Since my original message was pretty long and detailed, and it does
not appear anyone has made it through it yet, let me try to summarize
the main issues with which it is concerned.

The current proposal focuses on ending support for Algorithm A.

IMHO, it does so at the expense of the process by which support for
Algorithm B is introduced.

What I'm suggesting is, that instead of tying the two together, each
be handled separately.

And I'm suggesting that providing a path for early and widespread (but
not necessarily universal) adoption of "B", without regard to ending
support for "A", is more important than ending "A".

(Obviously, starting "B" and ending "A" can't be entirely independent,
since removing A before B is supported, would be illogical in the
extreme.)

It may be premature, as well, to suggest the overall strategy before
getting significant input from ICANN/IANA folks who will be prime on
the trust anchor and root certificates of the system, and operational
processes and strategies for making changes to them.

ICANN/IANA's experience doing similar things in signing the DNSSEC
root, and the processes they used, may better inform the "agility"
document.

NB: The most difficult thing about ending "Algorithm A" is stopping it
being used. This can be done independently, by having CAs delete certs
using "A", or by having RPs have a "knob" to say, "don't use Algorithm
'A'". I suggest both should be done. It's dead easy, IMHO.
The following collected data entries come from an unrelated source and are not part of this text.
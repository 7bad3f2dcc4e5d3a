-- ===== src/Feature.antt =====
-- centipede/feature.h: features are 64-bit numbers, split into domains of 2 ^ 27 numbers each.
-- `feature & kCMPScoreBitmask` is the rest modulo 2 ^ 6, the mask having its six low bits set.
pub mod Domains
pub mod Hamming
pub mod Scores
mod Examples
use Prim.Native.Nat.{bit_xor}
use fuzztest.Common.{
  ℕ, zero, suc, ◌+◌, ◌-◌, ◌*◌, ◌/◌, ◌%◌, ◌^◌, ◌<◌, Bool, true, false, ◌&&◌, List, [], ◌∷◌, ltb, leb,
  ◌==◌, if◌then◌else◌, length, map,
}
use fuzztest.Common.Abort.{Outcome, aborted, done}

-- A domain is known by its id.
pub record Domain : Type 0 where
  pub domain_id : ℕ

abbrev pub domain_size : ℕ
domain_size = 2 ^ 27

abbrev pub begin : Domain → ℕ
begin d = domain_size * d.domain_id

abbrev pub end : Domain → ℕ
end d = begin d + domain_size

unfoldable pub contains : Domain → ℕ → Bool
contains d feature = leb (begin d) feature && ltb feature (end d)

unfoldable pub convert_to_me : Domain → ℕ → ℕ
convert_to_me d number = begin d + number % domain_size

abbrev pub feature_to_domain_id : ℕ → ℕ
feature_to_domain_id feature = feature / domain_size

abbrev pub feature_to_index_in_domain : ℕ → ℕ
feature_to_index_in_domain feature = feature % domain_size

-- The ids are those that `__COUNTER__` gives from the top of the file on.
abbrev pub unknown : Domain
unknown = record { domain_id = 0 }

abbrev pub pcs : Domain
pcs = record { domain_id = 1 }

abbrev pub counters_8bit : Domain
counters_8bit = record { domain_id = 2 }

abbrev pub data_flow : Domain
data_flow = record { domain_id = 3 }

abbrev pub cmp : Domain
cmp = record { domain_id = 4 }

abbrev pub cmp_eq : Domain
cmp_eq = record { domain_id = 5 }

abbrev pub cmp_mod_diff : Domain
cmp_mod_diff = record { domain_id = 6 }

abbrev pub cmp_hamming : Domain
cmp_hamming = record { domain_id = 7 }

abbrev pub cmp_diff_log : Domain
cmp_diff_log = record { domain_id = 8 }

abbrev pub cmp_score_bits : ℕ
cmp_score_bits = 6

abbrev pub cmp_score : ℕ → ℕ
cmp_score feature = feature % 2 ^ cmp_score_bits

-- feature &= ~kCMPScoreBitmask
abbrev pub without_score : ℕ → ℕ
without_score feature = feature - cmp_score feature

abbrev pub cmp_score_feature_index : ℕ → ℕ
cmp_score_feature_index feature = (feature - begin cmp_mod_diff) / 2 ^ cmp_score_bits

abbrev pub is_comparison_score_feature : ℕ → Bool
is_comparison_score_feature feature =
    leb (begin cmp_mod_diff) feature && ltb feature (end cmp_diff_log)

abbrev pub call_stack : Domain
call_stack = record { domain_id = 9 }

abbrev pub bounded_path : Domain
bounded_path = record { domain_id = 10 }

abbrev pub pc_pair : Domain
pc_pair = record { domain_id = 11 }

-- kUserDomains[i], for i below 16.
abbrev pub user_domain : ℕ → Domain
user_domain i = record { domain_id = 12 + i }

abbrev pub last_domain : Domain
last_domain = record { domain_id = 28 }

abbrev pub num_domains : ℕ
num_domains = last_domain.domain_id

-- `__builtin_clz` and `__builtin_clzll` of a number of `w` bits.
unfoldable pub count_leading_zeros : ℕ → ℕ → ℕ
count_leading_zeros zero v = 0
count_leading_zeros (suc w) v =
    let rest = count_leading_zeros w v in if v / 2 ^ w == 0 then suc rest else 0

unfoldable pub pop_count : ℕ → ℕ → ℕ
pop_count zero v = 0
pop_count (suc w) v = v % 2 + pop_count w (v / 2)

pub convert_8bit_counter_to_number : ℕ → ℕ → Outcome ℕ
convert_8bit_counter_to_number pc_index counter_value =
    if counter_value == 0
    then aborted
    else done ((pc_index * 8 % 2 ^ 64 + (32 - 1 - count_leading_zeros 32 counter_value)) % 2 ^ 64)

unfoldable pub convert_pc_feature_to_pc_index : ℕ → Outcome ℕ
convert_pc_feature_to_pc_index feature =
    if contains pcs feature then done (feature - begin pcs) else aborted

pub convert_pc_pair_to_number : ℕ → ℕ → ℕ → ℕ
convert_pc_pair_to_number pc1 pc2 max_pc = (pc1 * max_pc % 2 ^ 64 + pc2) % 2 ^ 64

abbrev pub abs_diff : ℕ → ℕ → ℕ
abs_diff a b = if ltb b a then a - b else b - a

pub ab_to_cmp_mod_diff : ℕ → ℕ → ℕ
ab_to_cmp_mod_diff a b = if ltb (abs_diff a b) 64 then 64 - abs_diff a b else 0

pub ab_to_cmp_hamming : ℕ → ℕ → ℕ
ab_to_cmp_hamming a b = 64 - pop_count 64 (bit_xor a b)

pub ab_to_cmp_diff_log : ℕ → ℕ → ℕ
ab_to_cmp_diff_log a b = count_leading_zeros 64 (abs_diff a b)
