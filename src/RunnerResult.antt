-- ===== src/RunnerResult.antt =====
-- centipede/runner_result.h and .cc: what a runner process reports of a batch of inputs or mutants,
-- as a sequence of tagged blobs.
pub mod Tags
pub mod Rounds
pub mod Reports
pub mod Failures
pub mod Mutants
mod Examples
use fuzztest.Common.{
  ℕ, zero, suc, ◌+◌, ◌*◌, ◌/◌, ◌%◌, ◌^◌, Bool, true, false, not, ◌&&◌, List, [], ◌∷◌, ◌++◌, Option,
  none, some, map, ltb, ◌==◌, if◌then◌else◌, length, take, drop, set, get_or, replicate,
}
use fuzztest.Common.Abort.{Outcome, aborted, done, ◌>>=◌}
use fuzztest.Common.Bytes.{ByteArray, le_bytes, load_words, store_words}
use fuzztest.BlobSequence.{Blob, BlobSequence, is_valid, blob_size, write, read}
use fuzztest.Feature.{begin, user_domain}
use fuzztest.ExecutionMetadata.{ExecutionMetadata, no_metadata, read_metadata, write_metadata}

pub record Stats : Type 0 where
  pub prep_time_usec : ℕ
  pub exec_time_usec : ℕ
  pub post_time_usec : ℕ
  pub peak_rss_mb : ℕ

abbrev pub no_stats : Stats
no_stats = record { prep_time_usec = 0; exec_time_usec = 0; post_time_usec = 0; peak_rss_mb = 0 }

-- The memory of the struct: four integers of eight bytes.
abbrev pub stats_words : Stats → List ℕ
stats_words s = s.prep_time_usec ∷ s.exec_time_usec ∷ s.post_time_usec ∷ s.peak_rss_mb ∷ []

abbrev pub stats_of_words : List ℕ → Stats
stats_of_words ws = record {
  prep_time_usec = get_or ws 0 0;
  exec_time_usec = get_or ws 1 0;
  post_time_usec = get_or ws 2 0;
  peak_rss_mb = get_or ws 3 0;
}

pub record ExecutionResult : Type 0 where
  pub features : List ℕ
  pub metadata : ExecutionMetadata
  pub stats : Stats

-- ExecutionResult::clear() leaves this.
abbrev pub cleared : ExecutionResult
cleared = record { features = []; metadata = no_metadata; stats = no_stats }

-- The exit code is read only to tell EXIT_SUCCESS, 0, from the others.
pub record BatchResult : Type 0 where
  pub results : List ExecutionResult
  pub log : ByteArray
  pub exit_code : ℕ
  pub failure_description : ByteArray
  pub failure_signature : ByteArray
  pub num_outputs_read : ℕ

-- std::vector::resize, with cleared results behind the kept ones.
abbrev pub resize_results : ℕ → List ExecutionResult → List ExecutionResult
resize_results zero rs = []
resize_results (suc n) [] = cleared ∷ resize_results n []
resize_results (suc n) (r ∷ rs) = r ∷ resize_results n rs

pub clear_and_resize : BatchResult → ℕ → BatchResult
clear_and_resize r new_size = record r {
  results = resize_results new_size (map (λ _. cleared) r.results);
  log = [];
  exit_code = 0;
  num_outputs_read = 0;
}

pub write_one_feature_vec : List ℕ → BlobSequence → Outcome (Bool × BlobSequence)
write_one_feature_vec vec s = write s (record { tag = Tags.features; payload = store_words 8 vec })

pub write_dispatcher_32bit_features : List ℕ → BlobSequence → Outcome (Bool × BlobSequence)
write_dispatcher_32bit_features vec s =
    write s (record { tag = Tags.dispatcher_32bit_features; payload = store_words 4 vec })

pub write_input_begin : BlobSequence → Outcome (Bool × BlobSequence)
write_input_begin s = write s (record { tag = Tags.input_begin; payload = [] })

pub write_input_end : BlobSequence → Outcome (Bool × BlobSequence)
write_input_end s = write s (record { tag = Tags.input_end; payload = [] })

pub write_stats : Stats → BlobSequence → Outcome (Bool × BlobSequence)
write_stats stats s =
    write s (record { tag = Tags.stats; payload = store_words 8 (stats_words stats) })

pub write_result_metadata : ExecutionMetadata → BlobSequence → Outcome (Bool × BlobSequence)
write_result_metadata m s = write_metadata m Tags.metadata s

-- The variables of the loop of `BatchResult::Read`. `current_execution_result` is the index of the
-- result that it points to.
pub record Reading : Type 0 where
  pub num_begins : ℕ
  pub num_ends : ℕ
  pub current : Option ℕ
  pub results : List ExecutionResult

-- A round of the loop returns false, or goes on.
pub data Round : Type 0 where
  fail : Reading → Round
  go_on : Reading → Round

pub on_current : Reading → (ExecutionResult → ExecutionResult) → Round
on_current t f = elim t.current [
  | none ↦ fail t
  | some i ↦ go_on (record t { results = set t.results i (f (get_or t.results i cleared)) })
]

-- (feature & 0x7fffffff) + kUserDomains[0].begin()
abbrev pub user_feature : ℕ → ℕ
user_feature feature = feature % 2 ^ 31 + begin (user_domain 0)

pub on_input_begin : Reading → Round
on_input_begin t =
    if not (t.num_begins == t.num_ends)
    then fail t
    else if ltb (length t.results) (t.num_begins + 1)
    then fail (record t { num_begins = t.num_begins + 1 })
    else go_on (record t {
      num_begins = t.num_begins + 1;
      current = some t.num_ends;
      results = set t.results t.num_ends cleared;
    })

pub on_input_end : Reading → Round
on_input_end t =
    if not (t.num_ends + 1 == t.num_begins)
    then fail (record t { num_ends = t.num_ends + 1 })
    else go_on (record t { num_ends = t.num_ends + 1; current = none })

pub batch_round : Reading → Blob → Round
batch_round t b =
    if b.tag == Tags.input_begin
    then on_input_begin t
    else if b.tag == Tags.input_end
    then on_input_end t
    else if b.tag == Tags.metadata
    then on_current t (λ r. record r { metadata = read_metadata b })
    else if b.tag == Tags.stats
    then (if blob_size b == 32
        then on_current t (λ r. record r { stats = stats_of_words (load_words 8 4 b.payload) })
        else fail t)
    else if b.tag == Tags.features
    then on_current t (λ r. record r { features = load_words 8 (blob_size b / 8) b.payload })
    else if b.tag == Tags.dispatcher_32bit_features
    then on_current t (λ r. record r {
      features = r.features ++ map user_feature (load_words 4 (blob_size b / 4) b.payload);
    })
    else go_on t

-- The loop; `none` means that the fuel ran out.
pub batch_loop : ℕ → Reading → BlobSequence → Outcome (Option (Round × BlobSequence))
batch_loop zero t s = done none
batch_loop (suc fuel) t s = elim (read s) [
  | aborted ↦ aborted
  | done (b, s') ↦ elim (is_valid b) [
    | false ↦ done (some (go_on t, s'))
    | true ↦ elim (batch_round t b) [
      | fail t' ↦ done (some (fail t', s'))
      | go_on t' ↦ batch_loop fuel t' s'
    ]
  ]
]

abbrev pub finish : BatchResult → Round × BlobSequence → Bool × BatchResult × BlobSequence
finish r (fail t, s) = (false, record r { results = t.results }, s)
finish r (go_on t, s) = (true, record r { results = t.results; num_outputs_read = t.num_ends }, s)

abbrev pub start : BatchResult → Reading
start r = record { num_begins = 0; num_ends = 0; current = none; results = r.results }

-- Every read that goes on takes sixteen bytes at least, so the size of the region is enough fuel.
pub batch_read : BatchResult → BlobSequence → Outcome (Option (Bool × BatchResult × BlobSequence))
batch_read r s = batch_loop (suc s.size) (start r) s >>= λ o. elim o [
  | none ↦ done none
  | some end ↦ done (some (finish r end))
]

-- std::string_view(text).substr(0, prefix.size()) == prefix
pub starts_with : ByteArray → ByteArray → Bool
starts_with [] text = true
starts_with (p ∷ ps) [] = false
starts_with (p ∷ ps) (c ∷ cs) = (p == c) && starts_with ps cs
The difficulty in introducing "Algorithm B" is much more substantial.
It involves new code for CAs, new code for RPs (multiple vendors,
multiple hardware platforms, many code streams, etc.). There are
interoperability requirements in three directions at least (CA-CA,
rtr-rtr, and rtr-CA). It also pretty much requires non-lab
experimentation, which means having certs issued which involve at
least one signature using "B". It also means that experimentation may
involve announcing BGPsec prefixes using such certs, before all RPs
understand "B".

There might be a place for describing use of an "alternative trust
anchor" to enable testing using production systems, without directly
impacting production certificates. New CA code supporting "B" (and
"A") could be deployed, and a chain of trust using a different trust
anchor and a mix of "A" and "B" certs (either/or at each delegation
point), would allow for exercising the code while maintaining the
"real" cert chain, e.g. as a final test before actually replacing
"A"-signed certs with "B"-signed certs. Trust anchors can be
established at any CA, and while the root "CA" is one place one would
expect this to be done, it isn't the only place it is possible (and
advisable) to do so.

Putting this into the phases is important, specifically so everyone
knows this activity is expected, and that all implementers are
prepared (in their implementations) to be sensible in their code.
Having those phases have flexibility in them, and having them
coordinated with feedback loops built in, is a much smarter way to go
than having deadlines. I would rather see full top-to-bottom support
for all-B certs, than worry about some certs that still have one or
more "A" signatures in them. Earlier transition to "B" at the root is
possible if flexible strategies are employed. Providing RPs with "no
A" knobs makes the CA-signing side of ending "A" cert signatures much
less of a security-critical issue.

The scalability issue (avoiding exponential growth in number of
published certs) means every cert should be signed with only one
algorithm.

This results in a single major requirement - RPs who want BGPsec to
work, must be able to handle Algorithm "B" certs, before the root is
signed with "B". This is _very_ different from requiring top-down
deployment.

Coordinating this is very important, but IMHO, does not require two
"parallel" chains of certs (all "A", and all "B" respectively). This
would be a "flag day", or close enough to it to be ill advised.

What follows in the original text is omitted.